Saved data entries
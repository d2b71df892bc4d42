-- ===== src/HealthCache/Deletion.antt =====
-- Deleting ids from the records that `HealthCache` of 9router_WatchEdit/core/history.py keeps.
use router_extra.Prelude.{
  delete_all, keys, Distinct, ◌+◌, String, ◌≡◌, refl, ap, true, false, not, ◌&&◌, List, [], ◌∷◌,
  arith, eq_iff, eq_refl, length, keep, contains,
}

module _ {V : Type 0} where
  keys-delete_all :
      (k : String) (ids : List String) (m : List (String × V))
      → contains k (keys (delete_all ids m)) ≡ (contains k (keys m) && not (contains k ids))
  unfolding keys delete_all keep contains
  keys-delete_all k ids [] = refl
  keys-delete_all k ids ((j, v) ∷ m) =
      ground (arith, keys-delete_all k ids m, eq_iff j k, ap (λ i. contains i ids))

  pub delete_all-Distinct :
      (ids : List String) (m : List (String × V))
      → Distinct (keys m)
      → Distinct (keys (delete_all ids m))
  unfolding keys delete_all keep
  delete_all-Distinct ids [] h = tt
  delete_all-Distinct ids ((j, v) ∷ m) h =
      ground (arith, delete_all-Distinct ids m h.1, keys-delete_all j ids m)

  -- Deleting one id.
  delete_absent :
      (i : String) (m : List (String × V))
      → contains i (keys m) ≡ false
      → length (delete_all (i ∷ []) m) ≡ length m
  unfolding keys delete_all keep contains
  delete_absent i [] h = refl
  delete_absent i ((j, v) ∷ m) h = ground (arith, delete_absent i m, eq_iff i j, eq_refl i)

  delete_one :
      (i : String) (m : List (String × V))
      → Distinct (keys m)
      → contains i (keys m) ≡ true
      → length (delete_all (i ∷ []) m) + 1 ≡ length m
  unfolding keys delete_all keep contains
  delete_one i [] h e = cc
  delete_one i ((j, v) ∷ m) h e =
      ground (arith, delete_one i m h.1, delete_absent i m, eq_iff i j, eq_iff j i)

  delete_split :
      (i : String) (ids : List String) (m : List (String × V))
      → delete_all (i ∷ ids) m ≡ delete_all ids (delete_all (i ∷ []) m)
  unfolding delete_all keep contains
  delete_split i ids [] = refl
  delete_split i ids ((j, v) ∷ m) = ground (arith, delete_split i ids m)

  pub delete_none : (m : List (String × V)) → delete_all [] m ≡ m
  unfolding delete_all keep contains
  delete_none [] = refl
  delete_none (e ∷ m) = ap (e ∷◌) (delete_none m)

  still_there :
      (i k : String) (ids : List String) (m : List (String × V))
      → Distinct (i ∷ ids)
      → (contains k (i ∷ ids) ≡ true → contains k (keys m) ≡ true)
      → contains k ids ≡ true
      → contains k (keys (delete_all (i ∷ []) m)) ≡ true
  unfolding contains
  still_there i k ids m s h e =
      ground (arith, keys-delete_all k (i ∷ []) m, eq_iff i k, ap (λ j. contains j ids))

  -- Deleting distinct ids that are there.
  pub length-delete_all :
      (ids : List String) (m : List (String × V))
      → Distinct ids
      → Distinct (keys m)
      → ((k : String) → contains k ids ≡ true → contains k (keys m) ≡ true)
      → length (delete_all ids m) + length ids ≡ length m
  unfolding contains
  length-delete_all [] m s d h = omega (arith, ap length (delete_none m))
  length-delete_all (i ∷ ids) m s d h =
      let rest = delete_all (i ∷ []) m in
      omega (
        arith,
        ap length (delete_split i ids m),
        delete_one i m d (h i (ground (arith, eq_refl i))),
        length-delete_all ids rest s.1 (delete_all-Distinct (i ∷ []) m d)
            (λ k e. still_there i k ids m s (h k) e),
      )
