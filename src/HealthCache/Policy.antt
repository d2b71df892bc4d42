-- ===== src/HealthCache/Policy.antt =====
-- `prune_stale_records` and `_record_age_seconds` of 9router_WatchEdit/core/history.py.
use Prim.Native.Nat.{Ordering}
use Prim.Native.String.{compare as compare_text}
use router_extra.Prelude.{
  delete_all, ℕ, zero, suc, ◌+◌, ◌-◌, String, Bool, true, false, not, ◌&&◌, ◌||◌, Option, none,
  some, List, [], ◌∷◌, ltb, leb, ◌==◌, is_none, if◌then◌else◌, length, contains,
}
use router_extra.HealthCache.{HealthRecord, HealthCache, Stamp, no_stamp, bad_stamp, at}

-- `last_tested_at or last_success_at`
first_stamp : Stamp → Stamp → Stamp
first_stamp no_stamp other = other
first_stamp bad_stamp other = bad_stamp
first_stamp (at t) other = at t

age_at : ℕ → Stamp → Option ℕ
age_at now_at no_stamp = none
age_at now_at bad_stamp = none
age_at now_at (at t) = some (now_at - t)

-- The age at `now`, `none` where it is infinite.
unfoldable pub record_age : ℕ → HealthRecord → Option ℕ
unfolding first_stamp age_at
record_age now_at r = age_at now_at (first_stamp r.last_tested_at r.last_success_at)

-- `age >= window`
unfoldable pub is_older : ℕ → Option ℕ → Bool
is_older window none = true
is_older window (some age) = leb window age

text_le : String → String → Bool
text_le a b = elim (compare_text a b) [ Ordering.gt ↦ false | _ ↦ true ]

-- The order of pairs of an age and an id.
unfoldable pub pair_le : Option ℕ × String → Option ℕ × String → Bool
unfolding text_le
pair_le (none, i) (none, j) = text_le i j
pair_le (none, i) (some b, j) = false
pair_le (some a, i) (none, j) = true
pair_le (some a, i) (some b, j) = if ltb a b then true else a == b && text_le i j

-- `sort(reverse=True)`
unfoldable pub insert_sorted :
    Option ℕ × String → List (Option ℕ × String) → List (Option ℕ × String)
unfolding pair_le
insert_sorted p [] = p ∷ []
insert_sorted p (q ∷ qs) = if pair_le q p then p ∷ q ∷ qs else q ∷ insert_sorted p qs

unfoldable pub sort_oldest : List (Option ℕ × String) → List (Option ℕ × String)
unfolding insert_sorted
sort_oldest [] = []
sort_oldest (p ∷ ps) = insert_sorted p (sort_oldest ps)

-- Absent from the inventory, in no combo, and with no manual override.
unfoldable pub is_prunable : List String → List String → String × HealthRecord → Bool
unfolding contains
is_prunable current referenced (id, r) =
    not (contains id current || contains id referenced) && is_none r.cost_override

-- The ages and ids of the records that may be pruned.
unfoldable pub eligible :
    List String → List String → ℕ → List (String × HealthRecord) → List (Option ℕ × String)
unfolding is_prunable record_age
eligible current referenced now_at [] = []
eligible current referenced now_at ((id, r) ∷ m) =
    let rest = eligible current referenced now_at m in
    if is_prunable current referenced (id, r) then (record_age now_at r, id) ∷ rest else rest

unfoldable pub ids_of : List (Option ℕ × String) → List String
ids_of [] = []
ids_of ((a, id) ∷ ps) = id ∷ ids_of ps

unfoldable pub old_stale : ℕ → List (Option ℕ × String) → List String
unfolding is_older
old_stale window [] = []
old_stale window ((age, id) ∷ ps) =
    let rest = old_stale window ps in if is_older window age then id ∷ rest else rest

-- The loop of the hard cap: the oldest eligible records go until `over` more are removed.
unfoldable pub cap_loop : ℕ → List (Option ℕ × String) → List String → List String
unfolding contains
cap_loop zero ps removable = removable
cap_loop (suc over) [] removable = removable
cap_loop (suc over) ((age, id) ∷ ps) removable =
    let skip = cap_loop (suc over) ps removable in
    let take_it = cap_loop over ps (id ∷ removable) in
    if contains id removable then skip else take_it

-- The ids that a pruning removes.
unfoldable pub removable_ids :
    List String → List String → ℕ → ℕ → ℕ → List (String × HealthRecord) → List String
unfolding eligible old_stale sort_oldest cap_loop
removable_ids current referenced window max_records now_at records =
    let able = eligible current referenced now_at records in
    let stale = old_stale window able in
    let remaining = length records - length stale in
    if ltb max_records remaining
    then cap_loop (remaining - max_records) (sort_oldest able) stale
    else stale

unfoldable pub prune_stale_records :
    List String → List String → ℕ → ℕ → ℕ → HealthCache → HealthCache × ℕ
unfolding removable_ids delete_all
prune_stale_records [] referenced window max_records now_at c = (c, 0)
prune_stale_records (i ∷ more) referenced window max_records now_at c =
    let ids = removable_ids (i ∷ more) referenced window max_records now_at c.records in
    let n = length ids in
    (
      record c {
        records = delete_all ids c.records;
        record_generation = if n == 0 then c.record_generation else c.record_generation + 1;
      },
      n,
    )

• Task: Taking the records above, retype every line from the one with "age_at : ℕ → Stamp → Option ℕ" down to the one with "is_older window none = true", exactly and with nothing else.

• Your solution:
age_at : ℕ → Stamp → Option ℕ
age_at now_at no_stamp = none
age_at now_at bad_stamp = none
age_at now_at (at t) = some (now_at - t)

-- The age at `now`, `none` where it is infinite.
unfoldable pub record_age : ℕ → HealthRecord → Option ℕ
unfolding first_stamp age_at
record_age now_at r = age_at now_at (first_stamp r.last_tested_at r.last_success_at)

-- `age >= window`
unfoldable pub is_older : ℕ → Option ℕ → Bool
is_older window none = true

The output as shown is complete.